Одно добавленное украшение, мы видим, превращает глубокий оттенок, который был лишь показом и простым ощущением прежде, в элемент красоты и реальности, и как истина здесь — это сотрудничество восприятий, так красота — это сотрудничество удовольствий. Если цвет, форма и движение едва ли красивы без сладости аромата, насколько более необходимы они были бы для самой сладости, чтобы стать красотой! Если бы у нас был парфюм во флаконе, никто не подумал бы называть его красивым: это дало бы нам слишком отстраненное и контролируемое ощущение. Не было бы объекта, в который он мог бы быть легко включен. Но пусть он плывет из сада, и он добавит еще один чувственный шарм объектам, одновременно распознаваемым, и поможет сделать их красивыми. Таким образом, красота конституируется объективацией удовольствия. Это удовольствие объективированное.

ЧАСТЬ II

МАТЕРИАЛЫ КРАСОТЫ

Все человеческие функции могут способствовать чувству красоты.

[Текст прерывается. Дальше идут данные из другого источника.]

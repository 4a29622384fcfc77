-- ===== src/Certs/Writer/Laws.antt =====
-- What a call of `handleCommon` guarantees, whatever store it works on.
use persistent_pod_state.Base.{
  Text, Bool, true, false, some, ◌≡◌, refl, sym, ap, subst, ◌∙◌, inl, inr, Reply, success, failure,
  Bool-cases,
}
use persistent_pod_state.Base.Strings.{is_empty}
use persistent_pod_state.Certs.Writer.{
  Artifacts, CertError, not_found_error, CertReadWriter, Crypto, Ensured, valid_cert, after_write,
  after_read, create_if_not_exists, replaced, renew, handle_common,
}

-- A reply that is a success is a valid certificate.
abbrev pub IsValidReply : Crypto → Text → Reply CertError Artifacts → Type 0
IsValidReply K dns_name r =
    (certs : Artifacts) → r ≡ success certs → valid_cert K dns_name certs ≡ true

pub success_injective :
    {a b : Artifacts} → ◌≡◌ {A = Reply CertError Artifacts} (success a) (success b) → a ≡ b
success_injective h = cc

replaced_success :
    {S : Type 0} (u : S) (certs : Artifacts)
    → replaced (success certs, u) ≡ ((success certs, true), u)
unfolding replaced
replaced_success u certs = refl

module _ (K : Crypto) {S : Type 0} (dns_name : Text) (ch : CertReadWriter S) where
  -- What a replacement writes is valid.
  abbrev pub OverwritesValid : Type 0
  OverwritesValid = (v : Text) (s : S) → IsValidReply K dns_name (ch.overwrite v s).0

  replaced-IsValidReply :
      (o : Reply CertError Artifacts × S)
      → IsValidReply K dns_name o.0
      → IsValidReply K dns_name (replaced o).0.0
  unfolding replaced
  replaced-IsValidReply (failure e, s) h certs k = cc
  replaced-IsValidReply (success made, s) h certs k = h certs k

  renew_kept :
      (certs : Artifacts) (changed : Bool) (s : S)
      → valid_cert K dns_name certs ≡ true
      → renew K dns_name ch ((success certs, changed), s) ≡ ((success certs, changed), s)
  unfolding renew
  renew_kept certs changed s valid = rw valid refl

  renew-IsValidReply :
      (o : Ensured S) → OverwritesValid → IsValidReply K dns_name (renew K dns_name ch o).0.0
  unfolding renew
  renew-IsValidReply ((failure e, changed), s) h = λ certs k. cc
  renew-IsValidReply ((success found, changed), s) h =
      elim (Bool-cases (valid_cert K dns_name found)) [
        | inl e ↦ λ certs k.
            let kept = renew_kept found changed s e in
            subst (λ c. valid_cert K dns_name c ≡ true)
              (success_injective (sym (ap (λ o. o.0.0) kept) ∙ k)) e
        | inr e ↦ rw e (replaced-IsValidReply _ (h found.resource_version s))
      ]

  -- Whatever a call returns is valid.
  pub handle_common-IsValidReply :
      OverwritesValid → (s : S) → IsValidReply K dns_name (handle_common K dns_name (some ch) s).0.0
  unfolding handle_common
  handle_common-IsValidReply h s = elim (Bool-cases (is_empty dns_name)) [
    | inl e ↦ rw e (λ certs k. cc)
    | inr e ↦ rw e (renew-IsValidReply (create_if_not_exists ch s) h)
  ]

  -- Where replacements are valid, whatever certificate a call returns is valid, whichever way it
  -- was come by.
  pub handle_common-valid_cert :
      OverwritesValid
      → (s : S) (certs : Artifacts) → (handle_common K dns_name (some ch) s).0.0 ≡ success certs
      → valid_cert K dns_name certs ≡ true
  handle_common-valid_cert h s = handle_common-IsValidReply h s

  kept_read :
      (t : S) (certs : Artifacts)
      → valid_cert K dns_name certs ≡ true
      → renew K dns_name ch (after_read ch (success certs, t)) ≡ ((success certs, false), t)
  unfolding after_read
  kept_read t certs valid = renew_kept certs false t valid

  kept_write :
      (u : S) (certs : Artifacts)
      → valid_cert K dns_name certs ≡ true
      → renew K dns_name ch (after_write ch (success certs, u)) ≡ ((success certs, true), u)
  unfolding after_write
  kept_write u certs valid = renew_kept certs true u valid

  renewed_read :
      (t : S) (old : Artifacts)
      → valid_cert K dns_name old ≡ false
      → renew K dns_name ch (after_read ch (success old, t))
        ≡ replaced (ch.overwrite old.resource_version t)
  unfolding renew after_read
  renewed_read t old invalid = rw invalid refl

  -- Where there is no certificate, one is written.
  absent_write : (t : S) → after_read ch (failure not_found_error, t) ≡ after_write ch (ch.write t)
  unfolding after_read
  absent_write t = refl

  handle_common_named :
      (s : S)
      → is_empty dns_name ≡ false
      → handle_common K dns_name (some ch) s ≡ renew K dns_name ch (after_read ch (ch.read s))
  unfolding handle_common create_if_not_exists
  handle_common_named s named = rw named refl

  -- Where a valid certificate is read, it is returned as it is, and nothing is written.
  pub handle_common_found :
      (s t : S) (certs : Artifacts)
      → is_empty dns_name ≡ false
      → ch.read s ≡ (success certs, t)
      → valid_cert K dns_name certs ≡ true
      → handle_common K dns_name (some ch) s ≡ ((success certs, false), t)
  handle_common_found s t certs named found valid =
      handle_common_named s named
      ∙ ap (λ o. renew K dns_name ch (after_read ch o)) found
      ∙ kept_read t certs valid

  -- Where there is none, what is written is returned.
  pub handle_common_absent :
      (s t u : S) (certs : Artifacts)
      → is_empty dns_name ≡ false
      → ch.read s ≡ (failure not_found_error, t)
      → ch.write t ≡ (success certs, u)
      → valid_cert K dns_name certs ≡ true
      → handle_common K dns_name (some ch) s ≡ ((success certs, true), u)
  handle_common_absent s t u certs named absent made valid =
      handle_common_named s named
      ∙ ap (λ o. renew K dns_name ch (after_read ch o)) absent
      ∙ ap (renew K dns_name ch) (absent_write t ∙ ap (after_write ch) made)
      ∙ kept_write u certs valid

  -- Where an invalid one is read, it is replaced.
  pub handle_common_invalid :
      (s t u : S) (old certs : Artifacts)
      → is_empty dns_name ≡ false
      → ch.read s ≡ (success old, t)
      → valid_cert K dns_name old ≡ false
      → ch.overwrite old.resource_version t ≡ (success certs, u)
      → handle_common K dns_name (some ch) s ≡ ((success certs, true), u)
  handle_common_invalid s t u old certs named found invalid made =
      handle_common_named s named
      ∙ ap (λ o. renew K dns_name ch (after_read ch o)) found
      ∙ renewed_read t old invalid
      ∙ ap replaced made
      ∙ replaced_success u certs
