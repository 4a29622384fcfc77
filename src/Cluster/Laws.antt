-- ===== src/Cluster/Laws.antt =====
-- What is documented of the API server and of `RetryOnConflict`, in a cluster that answers each
-- call and in which nobody else writes meanwhile.
use persistent_pod_state.Base.{Text, List, [], ◌∷◌, none, some, ◌≡◌, ◌⊎◌}
use persistent_pod_state.Base.{Reply, success, failure}
use persistent_pod_state.Base.Lists.{All}
use persistent_pod_state.Base.GoMap.{GoMap, entries}
use persistent_pod_state.Api.{
  NamespacedName, ObjectMeta, IpReservation, PodState, PersistentPodStateStatus,
  PersistentPodStateSpec, PersistentPodState, zero_status,
}
use persistent_pod_state.Cluster.Defs.{Client, ApiError, not_found}

-- The key under which an object is stored.
abbrev pub key_of : ObjectMeta → NamespacedName
key_of m = record { namespace = m.namespace; name = m.name }

-- A map that is present has an entry: the fields are `omitempty`, so an empty map is read back as
-- nil.
abbrev pub IsNotEmpty : {V : Type 0} → GoMap V → Type 0
IsNotEmpty none = Unit
IsNotEmpty (some []) = ⊥
IsNotEmpty (some (e ∷ d)) = Unit

abbrev pub IsPlainState : Text × PodState → Type 0
IsPlainState (k, p) = IsNotEmpty p.node_topology_labels × IsNotEmpty p.annotations

-- The status is read back as it was written.
abbrev pub IsPlain : PersistentPodStateStatus → Type 0
IsPlain st = IsNotEmpty st.pod_states × All IsPlainState (entries st.pod_states)

-- An object is read, or it is not there.
abbrev pub Answered : {E A : Type 0} → E → Reply E A → Type 0
Answered {A} e r = (r ≡ failure e) ⊎ ((a : A) × (r ≡ success a))

pub record IsQuiet (C : Client) : Type 0 where
  -- Reads of reservations.
  pub get_reservation_answered :
      (s : C.State) (n : Text) → Answered not_found (C.get_reservation s n)
  pub get_reservation_name :
      (s : C.State) (n : Text) (x : IpReservation) → C.get_reservation s n ≡ success x → x.name ≡ n
  -- Writes of reservations.
  pub create_reservation_done :
      (s : C.State) (r : IpReservation)
      → C.get_reservation s r.name ≡ failure not_found
      → (C.create_reservation r s).0 ≡ success tt
  pub get-create_reservation :
      (s : C.State) (r : IpReservation)
      → C.get_reservation s r.name ≡ failure not_found
      → (x : IpReservation) × (C.get_reservation (C.create_reservation r s).1 r.name ≡ success x)
        × (x.reserved_cidrs ≡ r.reserved_cidrs)
  pub update_reservation_done :
      (s : C.State) (x : IpReservation) (cidrs : List Text)
      → C.get_reservation s x.name ≡ success x
      → (C.update_reservation (record x { reserved_cidrs = cidrs }) s).0 ≡ success tt
  pub get-update_reservation :
      (s : C.State) (x : IpReservation) (cidrs : List Text)
      → C.get_reservation s x.name ≡ success x
      → (y : IpReservation) × (C.get_reservation
            (C.update_reservation (record x { reserved_cidrs = cidrs }) s).1
            x.name
          ≡ success y)
        × (y.reserved_cidrs ≡ cidrs)
  -- A write of a reservation leaves the PersistentPodStates alone, and the other way round.
  pub get_state-create_reservation :
      (s : C.State) (r : IpReservation) (k : NamespacedName)
      → C.get_state (C.create_reservation r s).1 k ≡ C.get_state s k
  pub get_state-update_reservation :
      (s : C.State) (r : IpReservation) (k : NamespacedName)
      → C.get_state (C.update_reservation r s).1 k ≡ C.get_state s k
  pub get_reservation-create_state :
      (s : C.State) (p : PersistentPodState) (n : Text)
      → C.get_reservation (C.create_state p s).1 n ≡ C.get_reservation s n
  pub get_reservation-update_status :
      (s : C.State) (p : PersistentPodState) (n : Text)
      → C.get_reservation (C.update_status p s).1 n ≡ C.get_reservation s n
  -- PersistentPodStates. The status is a subresource: a create ignores it, and an update of it
  -- ignores all else.
  pub get_state_answered : (s : C.State) (k : NamespacedName) → Answered not_found (C.get_state s k)
  pub get_state_key :
      (s : C.State) (k : NamespacedName) (p : PersistentPodState)
      → C.get_state s k ≡ success p
      → key_of p.meta ≡ k
  pub create_state_done :
      (s : C.State) (p : PersistentPodState)
      → C.get_state s (key_of p.meta) ≡ failure not_found
      → (C.create_state p s).0 ≡ success tt
  pub get-create_state :
      (s : C.State) (p : PersistentPodState)
      → C.get_state s (key_of p.meta) ≡ failure not_found
      → (q : PersistentPodState) × (C.get_state (C.create_state p s).1 (key_of p.meta) ≡ success q)
        × (q.spec ≡ p.spec)
        × (q.status ≡ zero_status)
  pub update_status_done :
      (s : C.State) (q : PersistentPodState) (sp : PersistentPodStateSpec)
      (st : PersistentPodStateStatus)
      → C.get_state s (key_of q.meta) ≡ success q
      → (C.update_status (record q { spec = sp; status = st }) s).0 ≡ success tt
  pub get-update_status :
      (s : C.State) (q : PersistentPodState) (sp : PersistentPodStateSpec)
      (st : PersistentPodStateStatus)
      → C.get_state s (key_of q.meta) ≡ success q
      → IsPlain st
      → (p : PersistentPodState) × (C.get_state
            (C.update_status (record q { spec = sp; status = st }) s).1
            (key_of q.meta)
          ≡ success p)
        × (p.spec ≡ q.spec)
        × (p.status ≡ st)
  -- The function is called again only after a conflict.
  pub retry_success :
      (f : C.State → Reply ApiError (Unit {0}) × C.State) (s : C.State)
      → (f s).0 ≡ success tt
      → C.retry_on_conflict f s ≡ f s

-- Documented of each write: it leaves the pods alone.
pub record KeepsPods (C : Client) : Type 0 where
  pub list_pods-create_reservation :
      (s : C.State) (r : IpReservation) (ns : Text) (labels : GoMap Text)
      → C.list_pods (C.create_reservation r s).1 ns labels ≡ C.list_pods s ns labels
  pub list_pods-update_reservation :
      (s : C.State) (r : IpReservation) (ns : Text) (labels : GoMap Text)
      → C.list_pods (C.update_reservation r s).1 ns labels ≡ C.list_pods s ns labels
  pub list_pods-create_state :
      (s : C.State) (p : PersistentPodState) (ns : Text) (labels : GoMap Text)
      → C.list_pods (C.create_state p s).1 ns labels ≡ C.list_pods s ns labels
  pub list_pods-update_status :
      (s : C.State) (p : PersistentPodState) (ns : Text) (labels : GoMap Text)
      → C.list_pods (C.update_status p s).1 ns labels ≡ C.list_pods s ns labels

§ 12. Наша задача теперь будет состоять в том, чтобы рассмотреть различные элементы нашего сознания и увидеть, что каждый из них вносит в красоту мира. Мы обнаружим, что они делают это всякий раз, когда они неразрывно связаны с объективирующей деятельностью рассудка. Всякий раз, когда золотая нить удовольствия входит в ту паутину вещей, которую наш интеллект всегда занято прядет, она придает видимому миру то таинственное и тонкое очарование, которое мы называем красотой.

Нет такой функции нашей природы, которая не могла бы внести что-то в этот эффект, но одна функция сильно отличается от другой по количеству и прямоте своего вклада. Удовольствия глаза и уха, воображения и памяти — это те, что легче всего объективируются и сливаются в идеи; но было бы предательством непростительной поспешности и слабого понимания вовлеченного принципа, если бы мы назвали их единственными материалами красоты. Наше усилие будет скорее направлено на то, чтобы обнаружить ее другие источники, которые были более общепринято проигнорированы, и указать на их важность. Ибо пять чувств и три силы души, которые играют столь большую роль в традиционной психологии, отнюдь не являются единственными источниками или факторами сознания; они являются более или менее внешними делениями его содержания и даже не исчерпывают его. Природа и изменения нашей жизни имеют более глубокие корни и контролируются менее очевидными процессами.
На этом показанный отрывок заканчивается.